Ortalarında bağlantı kurabilmek için annesi telefonunu N.'ye verdi. N. okula telefonla gitti. Tedirgindi. Zira okuduğu İmam Hatip Lisesi’nde telefon kullanmak yasaktı. Öğretmenleri kontrol yapacağını öğrenince telefonu öteki sınıftaki arkadaşı G.K.'ya verdi.
Sonra geri almak istediği sırada öğretmeni H.C.K. durumu farketti. N. telefonunu alamadan çabucak sınıfına döndü. Öğretmen işin peşini bırakmadı. Başka sınıfa girdi. Telefonu G.K.'dan aldı. Tüm sınıfın önünde birkaç dakika telefonu kurcaladı. Kimi bildirileri sınıfın huzurunda okudu. Telefonla birlikte sınıftan çıktı.
Telefonu kurcalamaya devam eden öğretmen, N.'nin erkek arkadaşı olduğunu fark etti, başka öğretmenlere 'Bunların evlenmesi gerek, düğün ne vakit?' diye alay etti...
Müdür yardımcısının odasına gitti… Telefonu kurcalamaya, gelen iletileri okumaya devam etti. Bildiriler C.M. isimli birinden geliyordu. Çok geçmeden onun da tıpkı okul öğrencilerinden olduğunu anladı. Müdür yardımcısına ve odadaki birkaç öğretmene “Bunların evlenmesi gerek, düğün ne vakit?” diye alay etti.
Müdür Yardımcısı, N.'yi çağırdı. N., C.M. ile ortalarında duygusal bir bağ olduğunu kabul etti. N. ailesinin aranmaması için ısrarcı oldu hatta yalvardı fakat dinleyen olmadı. Veliler arandı. Öğretmen, C.M.'nin babasına N.'nin duyacağı formda, “Evlilik işi var, düğün düğün…” diyerek alaycı bir halla durumu aktardı. N'nin annesi de arandı ve okula çağırıldı. Lakin hastanede olduğu için N.'nin dayısı okula çağrıldı.
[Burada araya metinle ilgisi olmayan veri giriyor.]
-- ===== src/Run/Boot/Running.antt =====
-- src/main.rs: machines that `execute` has started.
use gunyah_test_vmm.Base.{ℕ, ◌≡◌, [], ok, Profile, length, arith, ap}
use gunyah_test_vmm.Effects.{in_context}
use gunyah_test_vmm.Effects.Returns.{>>=-ok, >>-ok}
use gunyah_test_vmm.Vmm.Machine.{GunyahVirtualMachine, start}
use gunyah_test_vmm.Vmm.Machine.Holds.{Holds, on_world-Holds, in_context-Holds}
use gunyah_test_vmm.Run.Args.{RunCommand}
use gunyah_test_vmm.Run.Boot.{Host, spawn_vcpus, set_up, check_args, execute}
use gunyah_test_vmm.Run.Boot.Kept.{set_up-Holds, check_args-Holds, spawn_vcpus-Holds, Holds-after}
use gunyah_test_vmm.Run.Boot.Vcpus.{create_vcpus-length, create_vcpus-made, spawn_vcpus-made}

module _ {W F : Type 0} (host : Host W F) (p : Profile) where
  -- that the machine has `n` vCPUs
  abbrev HasVcpus : ℕ → GunyahVirtualMachine W F → Type 0
  HasVcpus n self = length self.vcpus ≡ n

  set_up-HasVcpus : (n : ℕ) (args : RunCommand) → Holds (HasVcpus n) (set_up host p args)
  set_up-HasVcpus n args =
      set_up-Holds (HasVcpus n) (λ _. Unit {0}) (λ self e base len _ q. q) (λ self l q. q) host p
        args (λ d. tt) (λ r _. tt)

  -- If `execute` gets to where it waits for the threads of the vCPUs, from a machine without vCPUs,
  -- the machine has as many vCPUs as the command line asks for: none was left out, although the
  -- failure to make one is not looked at before the machine is started.
  pub execute-vcpus :
      (args : RunCommand) (s s' : GunyahVirtualMachine W F × W)
      → s.0.vcpus ≡ []
      → execute host p args s ≡ (ok tt, s')
      → length s'.0.vcpus ≡ args.vcpus
  unfolding execute start
  execute-vcpus args s s' none e =
      let (_, s0, checked, e0) = >>-ok _ _ s s' tt e in
      let (vcpus, s1, created, e1) = >>=-ok _ _ s0 s' tt e0 in
      let (_, s2, ready, e2) = >>-ok _ _ s1 s' tt e1 in
      let (_, s3, started, e3) = >>-ok _ _ s2 s' tt e2 in
      let count = create_vcpus-made host args.vcpus 0 [] vcpus s0 s1 created in
      let len = create_vcpus-length host args.vcpus 0 [] vcpus s0 s1 created in
      let all = spawn_vcpus-made host args.vcpus vcpus s3 s' e3 (omega arith) in
      let HasAll = HasVcpus args.vcpus in
      let at0 : length s0.0.vcpus ≡ 0 =
        Holds-after (HasVcpus 0) (check_args host p args) s s0 tt
          (check_args-Holds (HasVcpus 0) host p args) checked (ap length none) in
      let at1 : length s1.0.vcpus ≡ args.vcpus = omega arith in
      let at2 =
        Holds-after HasAll (set_up host p args) s1 s2 tt (set_up-HasVcpus args.vcpus args) ready
          at1 in
      let at3 =
        Holds-after HasAll (in_context "Failed to start the VM" (start host.kernel)) s2 s3 tt
          (in_context-Holds HasAll "Failed to start the VM" (start host.kernel)
            (on_world-Holds HasAll _))
          started at2 in
      Holds-after HasAll (spawn_vcpus host args.vcpus vcpus) s3 s' tt
        (spawn_vcpus-Holds HasAll host p args.vcpus vcpus) e3 at3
Velilerle konuşulduktan sonra N. ve C.M. sınıflarına gönderildi. N. çok tedirgindi. Yakın arkadaşı M.G.'ye kısık sesle bir erkek arkadaşı olduğunu annesi öğrenirse kendisini yüksek bir yerden atacağını söyledi.
Liseli N., okuldan çıktıktan sonra bir inşaattan atlayarak intihar etti
Derslerin sona ermesinden sonra N. arkadaşı M.G. ile okuldan çıktı. Annesi öğrenirse kendisini binadan atacağını tekraren tekrar etti. M.G. asla bu türlü bir şey yapmamasını telkin etti. C.M. de yanlarına geldi. “Canını sıkma bir yolunu buluruz” dedi. M.G. ayrıldı. Bir mühlet yürüdüler. N. farklı bir yola girince M.G. uyardı. N., “Halam gile gideceğim” dedi.
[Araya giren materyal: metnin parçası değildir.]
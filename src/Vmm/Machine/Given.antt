-- ===== src/Vmm/Machine/Given.antt =====
-- vmm/src/virtual_machine.rs: the bus of a machine that has been given memory.
use gunyah_test_vmm.Base.{
  ℕ, ◌<◌, ◌≡◌, refl, sym, ap, ◌∙◌, if◌then◌else◌, Bool, true, false, ok, err, panic, debug, max_u64,
  arith, Outcome,
}
use gunyah_test_vmm.Errors.{AnyError, BusError}
use gunyah_test_vmm.Effects.{M, fail}
use gunyah_test_vmm.Effects.Returns.{
  Ensures, >>=-Ensures, >>-Ensures, any-Ensures, pure-Ensures, >>=-ok, >>-ok, pure-ok, lift-ok,
  in_context-ok,
}
use gunyah_test_vmm.Gunyah.Kernel.{Kernel}
use gunyah_test_vmm.Gunyah.Vm.{Vm, ShareType, GuestMemoryAccess, vm_clone}
use gunyah_test_vmm.Gunyah.GuestMem.{GuestMem, GuestMemRegion, region_new}
use gunyah_test_vmm.Bus.Devices.{Devices, insert}
use gunyah_test_vmm.Bus.Invariant.{IsValid}
use gunyah_test_vmm.Bus.Dispatch.{BusEntry, outer_sync}
use gunyah_test_vmm.Vmm.Memory.{GunyahGuestMemoryRegion, memory_region_new}
use gunyah_test_vmm.Vmm.Memory.Device.{region_device}
use gunyah_test_vmm.Vmm.Machine.{
  GunyahVirtualMachine, on_world, bus_insert, with_bus, insert_region, add_memory_region,
  add_memory, drop_refused, is_regular,
}
use gunyah_test_vmm.Vmm.Machine.Files.{IsOnBus}

module _ {W F : Type 0} where
  -- a call that has left the machine as it was
  pub on_world-ok :
      {A : Type 0} (call : GunyahVirtualMachine W F → M W A) (s s' : GunyahVirtualMachine W F × W)
      (a : A)
      → on_world call s ≡ (ok a, s')
      → (call s.0 s.1 ≡ (ok a, s'.1)) × (s'.0 ≡ s.0)
  unfolding on_world
  on_world-ok call s s' a e = (ap (λ x. (x.0, x.1.1)) e, sym (ap (λ x. x.1.0) e))

  pub with_bus-ok :
      (self : GunyahVirtualMachine W F) (w : W)
      (x : Outcome BusError (Unit {0}) × Devices (BusEntry W F)) (s' : GunyahVirtualMachine W F × W)
      → with_bus self w x ≡ (ok tt, s')
      → (x.0 ≡ ok tt) × (s'.0.bus ≡ x.1)
  with_bus-ok self w (ok _, bus) s' e = (refl, sym (ap (λ x. x.1.0.bus) e))
  with_bus-ok self w (err _, bus) s' e = ground arith
  with_bus-ok self w (panic, bus) s' e = ground arith

checked-ok :
    {A : Type 0} (c : Bool) (x : AnyError) (a b : A)
    → (if c then err x else ok a) ≡ Outcome.ok b
    → a ≡ b
checked-ok true x a b e = ground arith
checked-ok false x a b e = ground arith

region_new-Ensures :
    {W : Type 0} (kernel : Kernel W) (mem : GuestMem) (len : ℕ)
    → Ensures (region_new kernel debug mem 0 len) (λ r. (r.off ≡ 0) × (r.size ≡ len))
unfolding region_new
region_new-Ensures kernel mem len = >>=-Ensures (any-Ensures _) λ end _.
    >>=-Ensures (any-Ensures _) λ extent _ k k' r e.
      let (checked, _) = lift-ok _ k k' r e in
      let same = checked-ok _ _ _ r checked in
      (sym (ap (λ r. r.off) same), sym (ap (λ r. r.size) same))

memory_region_new-region :
    {W : Type 0} (kernel : Kernel W) (region : GuestMemRegion) (guest_address : ℕ) (vm : Vm)
    (share_type : ShareType) (access : GuestMemoryAccess) (unmap_on_drop regular : Bool)
    → Ensures
        (memory_region_new kernel debug region guest_address vm share_type access unmap_on_drop
          regular)
        (λ r.
          (r.region ≡ region) × (r.guest_address ≡ guest_address) × (r.regular_memory ≡ regular))
unfolding memory_region_new
memory_region_new-region kernel region guest_address vm share_type access unmap_on_drop regular =
    >>-Ensures _
      (>>=-Ensures (any-Ensures (vm_clone kernel vm)) λ vm' _. pure-Ensures _ _ (refl, refl, refl))

module _ {W F : Type 0} (kernel : Kernel W) where
  drop_refused-ok :
      (region : GunyahGuestMemoryRegion) (kept : Bool)
      (x : Outcome AnyError (Unit {0}) × (GunyahVirtualMachine W F × W))
      (s' : GunyahVirtualMachine W F × W)
      → drop_refused kernel debug region kept x ≡ (ok tt, s')
      → x ≡ (ok tt, s')
  unfolding fail
  drop_refused-ok region kept (ok _, s) s' e = e
  drop_refused-ok region true (err x, s) s' e = ground arith
  drop_refused-ok region false (err x, s) s' e =
      let (_, s1, _, failed) = >>-ok _ _ s s' tt e in ground arith
  drop_refused-ok region kept (panic, s) s' e = ground arith

  insert_region-ok :
      (region : GunyahGuestMemoryRegion) (s s' : GunyahVirtualMachine W F × W)
      → insert_region kernel debug region s ≡ (ok tt, s')
      → ((insert
            (outer_sync (region_device kernel debug region))
            region.guest_address
            region.region.size
            s.0.bus).0
          ≡ ok tt)
        × (s'.0.bus
            ≡ (insert
                (outer_sync (region_device kernel debug region))
                region.guest_address
                region.region.size
                s.0.bus).1)
  unfolding insert_region bus_insert
  insert_region-ok region (self, w) s' e =
      with_bus-ok self w
        (insert (outer_sync (region_device kernel debug region)) region.guest_address
          region.region.size self.bus)
        s' (drop_refused-ok region _ _ s' e)

  -- what has been put on the bus
  pub add_memory-inserted :
      (start len : ℕ) (share_type : ShareType) (access : GuestMemoryAccess) (huge_pages : Bool)
      (s s' : GunyahVirtualMachine W F × W) (region : GunyahGuestMemoryRegion)
      → add_memory kernel debug start len share_type access huge_pages s ≡ (ok region, s')
      → ((insert (outer_sync (region_device kernel debug region)) start len s.0.bus).0 ≡ ok tt)
        × (s'.0.bus ≡ (insert (outer_sync (region_device kernel debug region)) start len s.0.bus).1)
        × (region.region.off ≡ 0)
        × (region.region.size ≡ len)
        × (region.guest_address ≡ start)
        × (region.regular_memory ≡ is_regular share_type)
  unfolding add_memory add_memory_region
  add_memory-inserted start len share_type access huge_pages s s' region e =
      let (driver, s1, opened, e1) = >>=-ok _ _ s s' region e in
      let (_, same1) = on_world-ok _ s s1 driver opened in
      let (mem, s2, created, e2) = >>=-ok _ _ s1 s' region e1 in
      let (_, same2) = on_world-ok _ s1 s2 mem (in_context-ok _ _ s1 s2 mem created) in
      let (r, s3, made, e3) = >>=-ok _ _ s2 s' region e2 in
      let (checked, same3) = on_world-ok _ s2 s3 r made in
      let (off, size) = region_new-Ensures kernel mem len s2.1 s3.1 r checked in
      let (mem', s4, cloned, e4) = >>=-ok _ _ s3 s' region e3 in
      let (_, same4) = on_world-ok _ s3 s4 mem' cloned in
      let (g, s5, mapped, e5) = >>=-ok _ _ s4 s' region e4 in
      let (added, same5) = on_world-ok _ s4 s5 g (in_context-ok _ _ s4 s5 g mapped) in
      let (of_file, placed, regular) =
        memory_region_new-region kernel (record r { mem = mem' }) start s4.0.vm share_type access
          false _ s4.1 s5.1 g added in
      let (_, s6, inserted, e6) = >>-ok _ _ s5 s' region e5 in
      let (same_region, same_state) = pure-ok g region s6 s' e6 in
      let (is_in, after) = insert_region-ok g s5 s6 inserted in
      let sized : g.region.size ≡ len = ap (λ x. x.size) of_file ∙ size in
      let begins : g.region.off ≡ 0 = ap (λ x. x.off) of_file ∙ off in
      let bus : s5.0.bus ≡ s.0.bus =
        ap (λ m. m.bus) (same5 ∙ (same4 ∙ (same3 ∙ (same2 ∙ same1)))) in
      let call : insert (outer_sync (region_device kernel debug g)) g.guest_address g.region.size
            s5.0.bus
          ≡ insert (outer_sync (region_device kernel debug region)) start len s.0.bus =
        rw (placed, sized, bus, same_region) refl in
      (
        ap (λ x. x.0) (sym call) ∙ is_in,
        ap (λ x. x.0.bus) (sym same_state) ∙ (after ∙ ap (λ x. x.1) call),
        ap (λ x. x.region.off) (sym same_region) ∙ begins,
        ap (λ x. x.region.size) (sym same_region) ∙ sized,
        ap (λ x. x.guest_address) (sym same_region) ∙ placed,
        ap (λ x. x.regular_memory) (sym same_region) ∙ regular,
      )

  -- Memory that has been added is a region of its own file, from its beginning and as long as asked,
  -- which stands on the bus at the address that it was added at.
  pub add_memory-IsOnBus :
      (start len : ℕ) (share_type : ShareType) (access : GuestMemoryAccess) (huge_pages : Bool)
      (s s' : GunyahVirtualMachine W F × W) (region : GunyahGuestMemoryRegion)
      → start < max_u64
      → IsValid s.0.bus
      → add_memory kernel debug start len share_type access huge_pages s ≡ (ok region, s')
      → IsOnBus kernel region start len s'.0.bus
        × (region.region.off ≡ 0)
        × (region.region.size ≡ len)
  add_memory-IsOnBus start len share_type access huge_pages s s' region low valid e =
      let (done, after, begins, sized, _, _) =
        add_memory-inserted start len share_type access huge_pages s s' region e in
      (
        record { rest = s.0.bus; low = low; valid = valid; inserted = done; after = after },
        begins,
        sized,
      )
Biraz daha yürüdüler… C.M.'ye “Sen git” dedi. Ayrıldılar, lakin C.M ağladığını görünce dayanamadı tekrar yanına gitti. “Kendini üzme çözülür” dedi. N., “Beni bir defa bu olay yüzünden uyardı esasen, duyarlarsa beni döverler” dedi. Sarıldılar. N., “Seni seviyorum” dedi. “Halam gile yaklaştık seni görmesinler” dedi. Ayrıldılar.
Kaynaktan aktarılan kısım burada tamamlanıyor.